- Opening Delimiter -

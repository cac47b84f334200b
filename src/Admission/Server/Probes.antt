-- ===== src/Admission/Server/Probes.antt =====
-- crates/koprs-admission/src/webhook.rs: what `/readyz` answers.
use koprs.Prelude.{◌≡◌, ◌≢◌, ◌⊎◌, Bool, true, false, some, arith}
use koprs.Admission.Builder.{WebhookBuilder}
use koprs.Admission.Server.{
  Phase, SignalTask, Server, Event, Reach, step, start_up, signal_task, serve, health_response,
}
use koprs.Admission.Server

-- The webhook's listener has been bound.
abbrev has_listened : Phase → Bool
has_listened Server.starting = false
has_listened Server.arming = false
has_listened Server.binding = false
has_listened Server.failed = false
has_listened _ = true

abbrev has_started : Phase → Bool
has_started Server.serving = true
has_started Server.accept_failed = true
has_started Server.draining = true
has_started Server.returned = true
has_started _ = false

module _ {W Tls : Type 0} (b : WebhookBuilder W Tls) where
  -- The state that a run keeps: `ready` is only set by a main task that serves, the channel tells
  -- of a signal that was sent, and only a server that was asked to listens for signals.
  record Inv (s : Server) : Type 0 where
    listening : s.ready ≡ true → has_listened s.phase ≡ true
    told : s.shutdown ≡ true → s.signal ≡ Server.sent
    asked : s.signal ≢ Server.absent → b.graceful ≡ true
    armed : s.phase ≡ Server.starting → s.signal ≡ Server.absent
    armed' : s.phase ≡ Server.arming → s.signal ≡ Server.absent
    stopped : s.phase ≡ Server.draining → s.shutdown ≡ true
    stopped' : s.phase ≡ Server.returned → s.shutdown ≡ true

  step-Inv : (e : Event) (s u : Server) → step b e s ≡ some u → Inv s → Inv u
  unfolding step
  step-Inv e s u h i = record {
    listening = ground (arith, i.listening);
    told = ground (arith, i.told, i.armed, i.armed');
    asked = ground (arith, i.asked);
    armed = ground (arith, i.armed);
    armed' = ground (arith, i.armed, i.armed');
    stopped = ground (arith, i.stopped);
    stopped' = ground (arith, i.stopped, i.stopped');
  }

  start-Inv : Inv Server.start
  start-Inv = record {
    listening = ground arith;
    told = ground arith;
    asked = ground arith;
    armed = ground arith;
    armed' = ground arith;
    stopped = ground arith;
    stopped' = ground arith;
  }

  Reach-Inv : {s t : Server} → Inv s → Reach b s t → Inv t
  Reach-Inv i Server.here = i
  Reach-Inv i (Server.next {t = t} {u = u} r e h) = step-Inv e t u h (Reach-Inv i r)

  -- In any run, whatever comes when: while `/readyz` answers 200, the webhook's listener has been
  -- bound, and a server that stopped to accept connections, or returned, was configured for a
  -- graceful shutdown and got its signal.
  readyz_bound :
      {t : Server}
      → Reach b Server.start t
      → (health_response t.ready "/readyz" ≡ (200, "ok") → has_listened t.phase ≡ true)
        × ((t.phase ≡ Server.draining) ⊎ (t.phase ≡ Server.returned)
            → (b.graceful ≡ true) × (t.signal ≡ Server.sent))
  unfolding health_response
  readyz_bound {t = t} r =
      let i = Reach-Inv start-Inv r in
      (ground (arith, i.listening), ground (arith, i.told, i.asked, i.stopped, i.stopped'))

  -- The main task is past its store into `ready`, and the signal's task past its own is last.
  record Quiet (s : Server) : Type 0 where
    past : has_started s.phase ≡ true
    last : s.signal ≢ Server.waiting → s.ready ≡ false

  step-Quiet : (e : Event) (s u : Server) → step b e s ≡ some u → Quiet s → Quiet u
  unfolding step
  step-Quiet e s u h q = record {
    past = ground (arith, q.past);
    last = ground (arith, q.past, q.last);
  }

  Reach-Quiet : {s t : Server} → Quiet s → Reach b s t → Quiet t
  Reach-Quiet q Server.here = q
  Reach-Quiet q (Server.next {t = t} {u = u} r e h) = step-Quiet e t u h (Reach-Quiet q r)

  -- A signal that comes once the server serves switches `/readyz` to 503 for good, from the first
  -- thing that its task does: before the channel is told and through the drain, whatever comes when.
  pub readyz_after_signal :
      {s t : Server}
      → s.phase ≡ Server.serving
      → s.signal ≡ Server.waiting
      → Reach b s t
      → t.signal ≢ Server.waiting
      → health_response t.ready "/readyz" ≡ (503, "not ready")
  unfolding health_response
  readyz_after_signal {s = s} {t = t} serves waits r came =
      let q = Reach-Quiet (record { past = ground arith; last = ground arith }) r in
      ground (arith, q.last)
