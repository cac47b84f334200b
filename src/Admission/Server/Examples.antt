-- ===== src/Admission/Server/Examples.antt =====
-- crates/koprs-admission/src/webhook.rs: a run of a server with TLS and a graceful shutdown.
use koprs.Prelude.{ℕ, ◌≤◌, ◌≡◌, refl, true, false, some, [], ◌∷◌, any}
use koprs.Admission.Builder.{WebhookBuilder}
use koprs.Admission.Server
use koprs.Admission.Server.{Server, Reach, health_response}
use koprs.Admission.Server.Probes.{readyz_after_signal}
use koprs.Admission.Server.Connections.{
  is_plain, no_plain_connection, has_stopped, stopped_accepting,
}

abbrev builder : WebhookBuilder ℕ ℕ
builder = record {
  port_number = 8443;
  tls_settings = some 0;
  health = some 8080;
  graceful = true;
  timeout = 10;
  routes = [];
}

abbrev serving_now : Server
serving_now = record Server.start { phase = Server.serving; signal = Server.waiting; ready = true }

started : Reach builder Server.start serving_now
unfolding Server.step
started =
    Server.next
      (Server.next (Server.next (Server.next Server.here Server.health_bound refl) Server.arm refl)
        Server.listener_bound refl)
      Server.mark_ready refl

abbrev drains : Server
drains = record {
  phase = Server.draining;
  signal = Server.sent;
  ready = false;
  shutdown = true;
  connections = Server.encrypted ∷ [];
  accepted = 1;
}

stopped : Reach builder serving_now drains
unfolding Server.step Server.upgrade
stopped =
    Server.next
      (Server.next
        (Server.next
          (Server.next (Server.next Server.here Server.accept refl) (Server.handshake_done 0) refl)
          Server.signalled refl)
        Server.notified refl)
      Server.stop refl

whole : Reach builder Server.start drains
unfolding Server.step Server.upgrade
whole =
    Server.next
      (Server.next
        (Server.next
          (Server.next (Server.next started Server.accept refl) (Server.handshake_done 0) refl)
          Server.signalled refl)
        Server.notified refl)
      Server.stop refl

ended : Reach builder drains (record drains { phase = Server.returned; connections = [] })
unfolding Server.step Server.close
ended = Server.next (Server.next Server.here (Server.closed 0) refl) Server.drained refl

-- A signal before `ready` is set is heard, and `/readyz` answers 200 all the same.
abbrev deaf : Server
deaf = record Server.start {
  phase = Server.serving;
  signal = Server.sent;
  ready = true;
  shutdown = true;
}

early_signal : Reach builder Server.start deaf
unfolding Server.step
early_signal =
    Server.next
      (Server.next
        (Server.next
          (Server.next
            (Server.next (Server.next Server.here Server.health_bound refl) Server.arm refl)
            Server.signalled refl)
          Server.notified refl)
        Server.listener_bound refl)
      Server.mark_ready refl

deaf_ready : health_response deaf.ready "/readyz" ≡ (200, "ok")
unfolding health_response
deaf_ready = refl

readyz_after_signal_example : health_response false "/readyz" ≡ (503, "not ready")
readyz_after_signal_example = readyz_after_signal builder refl refl stopped (λ e. cc)

no_plain_connection_example : any is_plain (Server.encrypted ∷ []) ≡ false
no_plain_connection_example = no_plain_connection builder refl whole

stopped_accepting_example : (has_stopped Server.returned ≡ true) × (drains.accepted ≡ 1) × (0 ≤ 1)
stopped_accepting_example = stopped_accepting builder refl ended
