-- ===== src/Admission/Tls/Loaded.antt =====
-- crates/koprs-admission/src/tls.rs: what a certificate that was loaded is made of.
use koprs.Prelude.{
  ℕ, ◌≤◌, ◌≡◌, ◌≢◌, refl, ap, ◌∙◌, String, Option, none, some, List, [], ◌∷◌, Result, ok, err,
  map_err, ok_or,
}
use koprs.Prelude.Fallible.{◌>>=◌}
use koprs.Admission.{tls}
use koprs.Admission.Tls.{Rustls, File, Disk, nonempty, certified_key_from_pem, load}

bind_ok :
    {E A B : Type 0} (r : Result E A) (f : A → Result E B) (b : B)
    → (r >>= f) ≡ ok b
    → (a : A) × (r ≡ ok a) × (f a ≡ ok b)
bind_ok (ok a) f b h = (a, refl, h)
bind_ok (err e) f b h = cc

map_err_ok : {E F A : Type 0} (g : E → F) (r : Result E A) (a : A) → map_err g r ≡ ok a → r ≡ ok a
map_err_ok g (ok x) a h = cc
map_err_ok g (err e) a h = cc

ok_or_ok : {E A : Type 0} (o : Option A) (e : E) (a : A) → ok_or o e ≡ ok a → o ≡ some a
ok_or_ok none e a h = cc
ok_or_ok (some x) e a h = cc

nonempty_ok : {A : Type 0} (xs ys : List A) → nonempty xs ≡ ok ys → (xs ≡ ys) × (ys ≢ [])
nonempty_ok [] ys h = cc
nonempty_ok (x ∷ xs) ys h = (cc, λ e. cc)

module _ {C P K : Type 0} (lib : Rustls C P K) (d : Disk) where
  -- A certificate with what each file held up to a moment, and how rustls read it.
  pub record Served (t : ℕ) (k : K) : Type 0 where
    pub cert_held : ℕ
    pub key_held : ℕ
    pub cert_past : cert_held ≤ t
    pub key_past : key_held ≤ t
    pub cert_pem : String
    pub key_pem : String
    pub chain : List C
    pub key : P
    pub in_cert : File.content (d.cert cert_held) ≡ ok cert_pem
    pub in_key : File.content (d.key key_held) ≡ ok key_pem
    pub certs : lib.certs cert_pem ≡ ok chain
    pub is_chain : chain ≢ []
    pub private : lib.private_key key_pem ≡ ok (some key)
    pub accepted : lib.from_der chain key ≡ ok k

  pub load-Served : (c y t : ℕ) (k : K) → c ≤ t → y ≤ t → load lib d c y ≡ ok k → Served t k
  unfolding load certified_key_from_pem
  load-Served c y t k past past' h =
      let (cert_pem, in_cert, h1) = bind_ok _ _ k h in
      let (key_pem, in_key, h2) = bind_ok _ _ k h1 in
      let (chain, certs, h3) = bind_ok _ _ k h2 in
      let (full, is_full, h4) = bind_ok _ _ k h3 in
      let (found, private, h5) = bind_ok _ _ k h4 in
      let (key, is_key, h6) = bind_ok _ _ k h5 in
      let (same, is_chain) = nonempty_ok chain full is_full in
      record {
        cert_held = c;
        key_held = y;
        cert_past = past;
        key_past = past';
        cert_pem = cert_pem;
        key_pem = key_pem;
        chain = full;
        key = key;
        in_cert = map_err_ok _ _ cert_pem in_cert;
        in_key = map_err_ok _ _ key_pem in_key;
        certs = map_err_ok tls (lib.certs cert_pem) chain certs ∙ ap ok same;
        is_chain = is_chain;
        private =
            map_err_ok tls (lib.private_key key_pem) found private
            ∙ ap ok (ok_or_ok found (tls "no private key found in PEM data") key is_key);
        accepted = map_err_ok _ _ k h6;
      }
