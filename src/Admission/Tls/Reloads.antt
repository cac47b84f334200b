-- ===== src/Admission/Tls/Reloads.antt =====
-- crates/koprs-admission/src/tls.rs: any history of handshakes on a resolver that reloads.
use koprs.Prelude.{
  ℕ, ◌+◌, ◌≤◌, ◌≡◌, refl, inl, inr, ◌&&◌, true, Option, none, some, Bool-cases, Result, ok, err,
  arith, length,
}
use koprs.Admission.Tls.{
  Rustls, File, Disk, Accesses, LoadedState, mtime, same_mtime, load, new, on_load, check, is_early,
  check_if_due, maybe_reload,
}

pub same_mtime→eq : (a b : Option ℕ) → same_mtime a b ≡ true → a ≡ b
same_mtime→eq none none h = refl
same_mtime→eq none (some u) h = cc
same_mtime→eq (some t) none h = cc
same_mtime→eq (some t) (some u) h = ground arith

abbrev pub InOrder : ℕ → Accesses → ℕ → Type 0
InOrder from a until =
    (from ≤ a.cert_stat)
    × (a.cert_stat ≤ a.key_stat)
    × (a.key_stat ≤ a.cert_read)
    × (a.cert_read ≤ a.key_read)
    × (a.key_read ≤ until)

-- A file that shows the same modification time twice was not rewritten in between.
abbrev pub IsVersioned : (ℕ → File) → Type 0
IsVersioned f =
    (t u v x : ℕ)
    → t ≤ u
    → u ≤ v
    → mtime (f t) ≡ some x
    → mtime (f v) ≡ some x
    → File.content (f u) ≡ File.content (f v)

module _ {C P K : Type 0} (lib : Rustls C P K) (d : Disk) (interval start : ℕ) where
  -- The states that handshakes reach from the resolver built at `start`, with the number of checks
  -- of the files that they made and the moment. What a handshake saw under the read lock may be any
  -- older state; the write lock orders the rest.
  pub data Reach : ℕ → ℕ → LoadedState K → Type 0 where
    started :
        (a : Accesses) (s : LoadedState K)
        → InOrder 0 a start
        → new lib d a start ≡ ok s
        → Reach 0 start s
    handshake :
        {n t : ℕ} {s : LoadedState K}
        → Reach n t s
        → (a : Accesses) (looked locked now until : ℕ) (seen : LoadedState K) → t ≤ locked
        → locked ≤ now
        → InOrder now a until
        → Reach
            (n + length (check_if_due lib interval d a looked locked now seen s).0)
            until
            (maybe_reload lib interval d a looked locked now seen s)

  -- The certificate was loaded from what the files held after their modification times were read.
  pub record IsFrom (t : ℕ) (s : LoadedState K) : Type 0 where
    pub cert_seen : ℕ
    pub key_seen : ℕ
    pub cert_held : ℕ
    pub key_held : ℕ
    pub cert_order : cert_seen ≤ cert_held
    pub key_order : key_seen ≤ key_held
    pub cert_past : cert_held ≤ t
    pub key_past : key_held ≤ t
    pub parsed : load lib d cert_held key_held ≡ ok s.loaded
    pub cert_version : s.cert_mtime ≡ mtime (d.cert cert_seen)
    pub key_version : s.key_mtime ≡ mtime (d.key key_seen)

  later :
      {t u now : ℕ} {s : LoadedState K}
      → IsFrom t s
      → t ≤ u
      → IsFrom u (record s { last_check = now })
  later f h = record {
    cert_seen = f.cert_seen;
    key_seen = f.key_seen;
    cert_held = f.cert_held;
    key_held = f.key_held;
    cert_order = f.cert_order;
    key_order = f.key_order;
    cert_past = omega (arith, f.cert_past);
    key_past = omega (arith, f.key_past);
    parsed = f.parsed;
    cert_version = f.cert_version;
    key_version = f.key_version;
  }

  abbrev stamped : Accesses → ℕ → K → LoadedState K
  stamped a now loaded = record {
    loaded = loaded;
    cert_mtime = mtime (d.cert a.cert_stat);
    key_mtime = mtime (d.key a.key_stat);
    last_check = now;
  }

  stamped-IsFrom :
      (a : Accesses) (from until now : ℕ) (k : K)
      → InOrder from a until
      → load lib d a.cert_read a.key_read ≡ ok k
      → IsFrom until (stamped a now k)
  stamped-IsFrom a from until now k o l = record {
    cert_seen = a.cert_stat;
    key_seen = a.key_stat;
    cert_held = a.cert_read;
    key_held = a.key_read;
    cert_order = omega arith;
    key_order = omega arith;
    cert_past = omega arith;
    key_past = omega arith;
    parsed = l;
    cert_version = refl;
    key_version = refl;
  }

  pub new-stamped :
      (a : Accesses) (s : LoadedState K)
      → new lib d a start ≡ ok s
      → (load lib d a.cert_read a.key_read ≡ ok s.loaded) × (s ≡ stamped a start s.loaded)
  unfolding new
  new-stamped a s h = grind arith

  pub check-last_check :
      (a : Accesses) (now : ℕ) (s : LoadedState K) → (check lib d a now s).last_check ≡ now
  unfolding check
  check-last_check a now s = ground arith

  check-IsFrom :
      (a : Accesses) (t now until : ℕ) (s : LoadedState K)
      → t ≤ now
      → InOrder now a until
      → IsFrom t s
      → IsFrom until (check lib d a now s)
  unfolding check
  check-IsFrom a t now until s le o f =
      elim (Bool-cases (
        same_mtime (mtime (d.cert a.cert_stat)) s.cert_mtime
        && same_mtime (mtime (d.key a.key_stat)) s.key_mtime)) [
          | inl e ↦ rw e (later f (omega arith))
          | inr e ↦ rw e (on_load-IsFrom (load lib d a.cert_read a.key_read) refl)
        ]
    where
      on_load-IsFrom :
          (r : Result _ K)
          → load lib d a.cert_read a.key_read ≡ r
          → IsFrom until (
              on_load lib
                (record s { last_check = now })
                (mtime (d.cert a.cert_stat))
                (mtime (d.key a.key_stat))
                r)
      on_load-IsFrom (ok k) l = stamped-IsFrom a now until now k o l
      on_load-IsFrom (err e) l = later f (omega arith)

  maybe_reload-IsFrom :
      (a : Accesses) (t looked locked now until : ℕ) (seen s : LoadedState K)
      → t ≤ now
      → InOrder now a until
      → IsFrom t s
      → IsFrom until (maybe_reload lib interval d a looked locked now seen s)
  unfolding maybe_reload check_if_due
  maybe_reload-IsFrom a t looked locked now until seen s le o f =
      elim (Bool-cases (is_early lib interval looked seen)) [
        | inl e ↦ rw (maybe_reload, e) (later f (omega arith))
        | inr e ↦ elim (Bool-cases (is_early lib interval locked s)) [
          | inl e' ↦ rw (maybe_reload, e, e') (later f (omega arith))
          | inr e' ↦ rw (maybe_reload, e, e') (check-IsFrom a t now until s le o f)
        ]
      ]

  pub Reach-IsFrom : {n t : ℕ} {s : LoadedState K} → Reach n t s → IsFrom t s
  Reach-IsFrom (started a s o h) =
      let (l, e) = new-stamped a s h in rw e (stamped-IsFrom a 0 start start s.loaded o l)
  Reach-IsFrom (handshake {t = t} {s = s} r a looked locked now until seen le le' o) =
      maybe_reload-IsFrom a t looked locked now until seen s (omega arith) o (Reach-IsFrom r)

- Closing Delimiter -

■ WHAT TO DO ■
Filter the records above for lines containing the word "files", and copy those lines.

■ RESPONSE ■
  -- of the files that they made and the moment. What a handshake saw under the read lock may be any
  -- The certificate was loaded from what the files held after their modification times were read.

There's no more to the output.